Здесь было настоящее воскресное утро, довоенное утро, без организованной встречи, без медицинских сестер, без девушек с повязками.
На зеленых скамейках перрона ждало десятка два человек, и солнце, которое сочилось сквозь грязные стекла, утрачивая яркость из-за пыли, сообщало этой тишине и безлюдью нечто ирреальное.
— Эй, шеф, долго будем стоять? Служащий посмотрел на голову состава, потом почему-то на часы и ответил:
— Понятия не имею.
— Я успею сходить в буфет?
— В вашем распоряжении не меньше часа.
— Куда нас везут?
Он пожал плечами и отошел, давая таким образом понять, что этот вопрос вне его компетенции.
Пожалуй, нас возмутило, — я с умыслом говорю «нас», — что никто нас не встречал и мы внезапно оказались предоставлены самим себе. Кто-то, выражая общее чувство, бросил:
— Что ж, нас больше не будут кормить? Как будто мы уже имели на это право. Раз уж мы оказались в цивилизованной стране, я предложил Анне:
— Пойдем!
— Куда?
— Чего-нибудь перекусим.
Первым нашим побуждением, когда мы вышли на перрон, оказавшийся внезапно слишком просторным, было оглядеть наш состав с головы до хвоста, и тут нас ждало разочарование: оказалось, что это уже совсем другой поезд.
Мало того что сменился паровоз — за тендером я насчитал четырнадцать бельгийских пассажирских вагонов, таких чистеньких на вид, какими и положено быть нормальным вагонам.
А наших товарных осталось всего три.
— Эти сволочи опять переполовинили нас? Впереди открылись двери, и первым вышел огромный священник атлетического сложения; с важным видом он направился к начальнику вокзала.
Они заспорили. Железнодорожник, казалось, согласился с ним; тогда священник обратился к тем, кто оставался в вагоне, и помог спуститься на перрон сестре милосердия в белом чепце.
Четыре монахини, из них три молоденькие, все с очень простыми лицами, помогли выйти из вагона и построиться, словно школьникам, четырем десяткам стариков.
Это эвакуировался дом престарелых. Позже нам стало известно, что, пока мы спали, нас прицепили к поезду, шедшему из Лувена.
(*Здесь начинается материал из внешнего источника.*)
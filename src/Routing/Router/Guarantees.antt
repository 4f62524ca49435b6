-- ===== src/Routing/Router/Guarantees.antt =====
-- cost-router.ts: what the decisions of `evaluateInternal` guarantee.
use mathlib.Core.Path.{subst}
use ikimetr.Prelude.{
  ◌≡◌, ◌≢◌, refl, sym, ◌∙◌, ap, Option, none, some, List, [], ◌∷◌, ◌++◌, Text, ok, ok_injective,
}
use ikimetr.LedgerEvents.{LedgerEvent}
use ikimetr.Budget.Controller.Quote.{
  QuoteHash, Quote, BudgetQuoteResult, quote, quote_request, Quoted, quote-Quoted,
}
use ikimetr.Budget.Controller.{BudgetQuoteRequest}
use ikimetr.Budget.Prepare.{Setup, BudgetController, is_automatic}
use ikimetr.Routing.Codes.{Decision, ReasonCode, CacheStatus}
use ikimetr.Routing.Policy.{RequestDataClass, TaskRoutingRequest}
use ikimetr.Routing.State.{derive_routing_state}
use ikimetr.Routing.Draft.{RoutingDecisionDraft, RoutingStage, RoutingTransition}
use ikimetr.Routing.Decision.{RoutingDecision, parse_routing_decision, Keeps}
use ikimetr.Routing.Router.{
  ProviderRoute, to_route, to_decision, denied, stop_draft, stop_draft_with,
}
use ikimetr.Routing.Router.Provider.{CostRouter, quote_request_of}
use ikimetr.Routing.Router.Cache.{RoutingRuntimeContext}
use ikimetr.Routing.Router.Evaluate.{evaluate_draft}
use ikimetr.Routing.Router.Audit.{
  AuditAnswers, after_lookups, with_final_transition, decision_event, Evaluated, evaluate_internal,
}
use ikimetr.Routing.Router.Choice.{Reached}
use ikimetr.Routing.Router.Grounds.{Chosen, Reached-Chosen}
use ikimetr.Routing.Router.Decided.{evaluate_draft-Reached}
use ikimetr.Routing.Router.Evaluated.{SameChoice, with_final_transition-SameChoice, Audited}
use ikimetr.Routing.Router.Ends.{Configured, Run, evaluate_internal-Run}

module _ (router : CostRouter) (request : TaskRoutingRequest) (context : RoutingRuntimeContext)
    (answers : AuditAnswers) (file : List LedgerEvent) where
  abbrev Valid : Evaluated → Type 0
  Valid p =
      (r : RoutingDecision) × (p.1 ≡ ok r)
      × (parse_routing_decision router.hashing r ≡ ok r)
      × (r.config_hash ≡ router.effective_config_hash)
      × (r.request_hash ≡ router.hashing.hash_request request)

  Keeps-Valid :
      (next : List LedgerEvent) (d : RoutingDecisionDraft) (r : RoutingDecision)
      → Keeps router.hashing request d router.effective_config_hash r
      → Valid (next, ok r)
  Keeps-Valid next d r k = (r, refl, k.valid, k.config_hash, k.request_hash)

  Run-Valid : (p : Evaluated) → Run router request context answers file p → Valid p
  Run-Valid _ (Run.unaudited reason r k) = Keeps-Valid file _ r k
  Run-Valid _ (Run.audited _ (Audited.logged now r k)) =
      Keeps-Valid
        (after_lookups router request context file
          ++ LedgerEvent.routing_decision (decision_event router request answers.event_id now r)
            ∷ [])
        _ r k
  Run-Valid _ (Run.audited _ (Audited.refused next r s k l)) = Keeps-Valid next _ s l

  -- A decision in the ledger.
  pub record Logged (p : Evaluated) (r : RoutingDecision) : Type 0 where
    pub now : Text
    pub appended :
        p.0
        ≡ after_lookups router request context file
          ++ LedgerEvent.routing_decision (decision_event router request answers.event_id now r)
            ∷ []
    pub same_choice : SameChoice r.draft (evaluate_draft router request context file)

  stopped_here :
      (d : RoutingDecisionDraft) (r s : RoutingDecision)
      → Keeps router.hashing request d router.effective_config_hash s
      → d.decision ≡ Decision.stop
      → s ≡ r
      → r.draft.decision ≡ Decision.stop
  stopped_here d r s k stop same =
      ap (λ (x : RoutingDecision). x.draft.decision) (sym same)
      ∙ ap (λ (x : RoutingDecisionDraft). x.decision) k.draft
      ∙ stop

  first_stop :
      (reason : ReasonCode)
      → (with_final_transition
          (stop_draft reason CacheStatus.skipped (denied RoutingStage.cache reason ∷ []))).decision
        ≡ Decision.stop
  unfolding stop_draft stop_draft_with
  first_stop reason =
      (with_final_transition-SameChoice
        (stop_draft reason CacheStatus.skipped (denied RoutingStage.cache reason ∷ []))).decision

  Run-Logged :
      (p : Evaluated) (r : RoutingDecision)
      → Run router request context answers file p
      → p.1 ≡ ok r
      → r.draft.decision ≢ Decision.stop
      → Logged p r
  Run-Logged _ r (Run.unaudited reason s k) h n =
      absurd (n (stopped_here _ r s k (first_stop reason) (ok_injective h)))
  Run-Logged _ r (Run.audited _ (Audited.refused next x s k l)) h n =
      absurd (n (stopped_here _ r s l refl (ok_injective h)))
  Run-Logged _ r (Run.audited _ (Audited.logged now s k)) h n =
      let e = ok_injective h in
      let kept =
        subst
          (Keeps router.hashing request
            (with_final_transition (evaluate_draft router request context file))
            router.effective_config_hash)
          e k in
      record {
        now = now;
        appended =
            ap
              (λ x.
                after_lookups router request context file
                ++ LedgerEvent.routing_decision
                    (decision_event router request answers.event_id now x)
                  ∷ [])
              e;
        same_choice =
            subst (λ x. SameChoice x (evaluate_draft router request context file)) (sym kept.draft)
              (with_final_transition-SameChoice (evaluate_draft router request context file));
      }

  -- An evaluation always returns a decision, and one that passes its own validation: the trace
  -- is in order and ends at the final stage with the reason of the decision, and the hashes are
  -- those of the request, of the configuration and of the decision. The routes have at most two
  -- providers each, and the hash of the configuration is a SHA-256.
  pub evaluate_internal_valid :
      Configured router
      → (r : RoutingDecision) × ((evaluate_internal router request context answers file).1 ≡ ok r)
        × (parse_routing_decision router.hashing r ≡ ok r)
        × (r.config_hash ≡ router.effective_config_hash)
        × (r.request_hash ≡ router.hashing.hash_request request)
  evaluate_internal_valid configured =
      Run-Valid _ (evaluate_internal-Run router request context answers file configured)

  pub evaluate_internal-Logged :
      (r : RoutingDecision)
      → Configured router
      → (evaluate_internal router request context answers file).1 ≡ ok r
      → r.draft.decision ≢ Decision.stop
      → Logged (evaluate_internal router request context answers file) r
  evaluate_internal-Logged r configured h n =
      Run-Logged _ r (evaluate_internal-Run router request context answers file configured) h n

  to_decision-not_stop : (route : ProviderRoute) → to_decision route ≢ Decision.stop
  to_decision-not_stop ProviderRoute.local = λ h. cc
  to_decision-not_stop ProviderRoute.cheap_cloud = λ h. cc
  to_decision-not_stop ProviderRoute.strong = λ h. cc

  evaluate_internal-Reached :
      (r : RoutingDecision) (route : ProviderRoute)
      → Configured router
      → (evaluate_internal router request context answers file).1 ≡ ok r
      → r.draft.decision ≡ to_decision route
      → Reached router request context (derive_routing_state file request.task_id) r.draft route
  evaluate_internal-Reached r route configured h same =
      let logged =
        evaluate_internal-Logged r configured h
          (λ stop. to_decision-not_stop route (sym same ∙ stop)) in
      let choice = logged.same_choice in
      let chosen =
        evaluate_draft-Reached router request context file route (sym choice.decision ∙ same) in
      record {
        provider = chosen.provider;
        candidate = choice.provider ∙ chosen.candidate;
        on_route = choice.route ∙ chosen.on_route;
        listed = chosen.listed;
        tried = chosen.tried;
        selected = chosen.selected;
      }

  -- A returned decision for a route names a provider that is listed for the route. The request
  -- lists the route and ranks it no higher than its highest one, and, but for the strong route,
  -- no failed attempt of the request on it asked to escalate. The policy permits the provider,
  -- it has a model, the last event of the ledger on both reports it healthy, its price is known
  -- and resolved, and the budget controller allowed a quote for the task. The last event of the
  -- ledger on each approval that the route, sensitive data off the local route and a secondary
  -- claude take approves. The routes have at most two providers each, and the hash of the
  -- configuration is a SHA-256.
  pub evaluate_internal-Chosen :
      (r : RoutingDecision) (route : ProviderRoute)
      → Configured router
      → (evaluate_internal router request context answers file).1 ≡ ok r
      → r.draft.decision ≡ to_decision route
      → Chosen router request context file r.draft route
  evaluate_internal-Chosen r route configured h same =
      Reached-Chosen router request context file r.draft route
        (evaluate_internal-Reached r route configured h same)

  -- A decision that stops and names no provider.
  abbrev Stopped : RoutingDecisionDraft → Type 0
  Stopped d = (d.decision ≡ Decision.stop) × (d.provider_candidate ≡ none)

  stop_draft-Stopped :
      (reason : ReasonCode) (trace : List RoutingTransition)
      → Stopped (with_final_transition (stop_draft reason CacheStatus.skipped trace))
  unfolding stop_draft stop_draft_with
  stop_draft-Stopped reason trace =
      let same = with_final_transition-SameChoice (stop_draft reason CacheStatus.skipped trace) in
      (same.decision, same.provider)

  secret-Stopped :
      request.data_class ≡ RequestDataClass.secret
      → Stopped (with_final_transition (evaluate_draft router request context file))
  unfolding evaluate_draft
  secret-Stopped h =
      rw (h, evaluate_draft)
        (stop_draft-Stopped ReasonCode.secret_data_denied
          (denied RoutingStage.cache ReasonCode.secret_data_denied ∷ []))

  Run-Stopped :
      (p : Evaluated)
      → Run router request context answers file p
      → request.data_class ≡ RequestDataClass.secret
      → (r : RoutingDecision) × (p.1 ≡ ok r) × Stopped r.draft
  Run-Stopped _ (Run.unaudited reason r k) h =
      (r, refl, subst Stopped (sym k.draft) (stop_draft-Stopped reason _))
  Run-Stopped _ (Run.audited _ (Audited.logged now r k)) h =
      (r, refl, subst Stopped (sym k.draft) (secret-Stopped h))
  Run-Stopped _ (Run.audited _ (Audited.refused next r s k l)) h =
      (s, refl, subst Stopped (sym l.draft) (refl, refl))

  -- The evaluation of a request with secret data returns a stop that names no provider, whatever
  -- the ledger holds and however the audit ends. The routes have at most two providers each, and
  -- the hash of the configuration is a SHA-256.
  pub evaluate_internal_secret :
      Configured router
      → request.data_class ≡ RequestDataClass.secret
      → (r : RoutingDecision) × ((evaluate_internal router request context answers file).1 ≡ ok r)
        × (r.draft.decision ≡ Decision.stop)
        × (r.draft.provider_candidate ≡ none)
  evaluate_internal_secret configured h =
      let (r, e, (stop, provider)) =
        Run-Stopped _ (evaluate_internal-Run router request context answers file configured) h in
      (r, e, stop, provider)

-- What the budget controller is asked for a route.
pub record Asked (router : CostRouter) (request : TaskRoutingRequest)
    (context : RoutingRuntimeContext) (route : ProviderRoute) (q : BudgetQuoteRequest)
    : Type 0 where
  pub task_id : q.task_id ≡ request.task_id
  pub asked_route : q.route ≡ to_route route
  pub model : (router.config.providers q.provider).model ≡ some q.model
  pub data_class : request.data_class ≡ RequestDataClass.allowable q.data_class
  pub automatic : q.automatic ≡ is_automatic (router.config.providers q.provider).invocation_mode
  pub retry : q.retry ≡ context.retry
  pub tokens : q.estimated_input_tokens ≡ context.estimated_input_tokens

-- Where the router asks the budget controller for its quotes, a returned decision for a route
-- comes with a quote that the controller allowed for the task, the route, the provider and its
-- model, the data class, the retry and the tokens of the request. The quote describes a
-- reservation that carries the request, passes every admission check and would keep the sums
-- over the ledger within every limit, with the whole of a cost in the currency of its limit. The
-- routes have at most two providers each, and the hash of the configuration is a SHA-256.
pub evaluate_internal-Quoted :
    (router : CostRouter) (request : TaskRoutingRequest) (context : RoutingRuntimeContext)
    (answers : AuditAnswers) (file : List LedgerEvent) (hash : QuoteHash) (setup : Setup)
    (now : Option Text) (c : BudgetController) (r : RoutingDecision) (route : ProviderRoute)
    → Configured router
    → router.quote ≡ (λ q. quote hash setup now q c)
    → (evaluate_internal router request context answers file).1 ≡ ok r
    → r.draft.decision ≡ to_decision route
    → (q : BudgetQuoteRequest) × (offer : Quote) × (r.draft.provider_candidate ≡ some q.provider)
      × Asked router request context route q
      × (quote hash setup now q c ≡ ok (BudgetQuoteResult.allowed offer))
      × Quoted setup (quote_request hash setup q c) q.route c offer
evaluate_internal-Quoted router request context answers file hash setup now c r route configured
      same h d =
    let chosen =
      evaluate_internal-Chosen router request context answers file r route configured h d in
    let q =
      quote_request_of router request context.retry context.estimated_input_tokens route
        chosen.data_class chosen.provider chosen.model in
    let offered = ap (λ f. f q) (sym same) ∙ chosen.budget in
    (
      q,
      chosen.quoted,
      chosen.candidate,
      record {
        task_id = refl;
        asked_route = refl;
        model = chosen.has_model;
        data_class = chosen.not_secret;
        automatic = refl;
        retry = refl;
        tokens = refl;
      },
      offered,
      quote-Quoted hash setup now q c chosen.quoted offered,
    )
Все мужчины были глубокие старики, все более или менее немощны. Лица с резкими чертами, словно на старинных картинах, обросли густой седою щетиной. *"
Их покорность, читавшееся в глазах безразличие были поразительны. Они послушно направились в буфет второго класса, и там их рассадили, словно в школьной столовой, а священник вполголоса заговорил с администратором.
Тут Анна снова на меня посмотрела. Может быть, ей казалось, что этот кюре и монахини — люди из привычного мне мира? Или шеренга стариков напомнила ей тюрьму и тамошнюю дисциплину, о которой я понятия не имел, а она прекрасно знала по собственному опыту?
Не берусь судить. Так мы бросали друг на друга короткие испытующие взгляды и сразу же напускали на себя равнодушный вид.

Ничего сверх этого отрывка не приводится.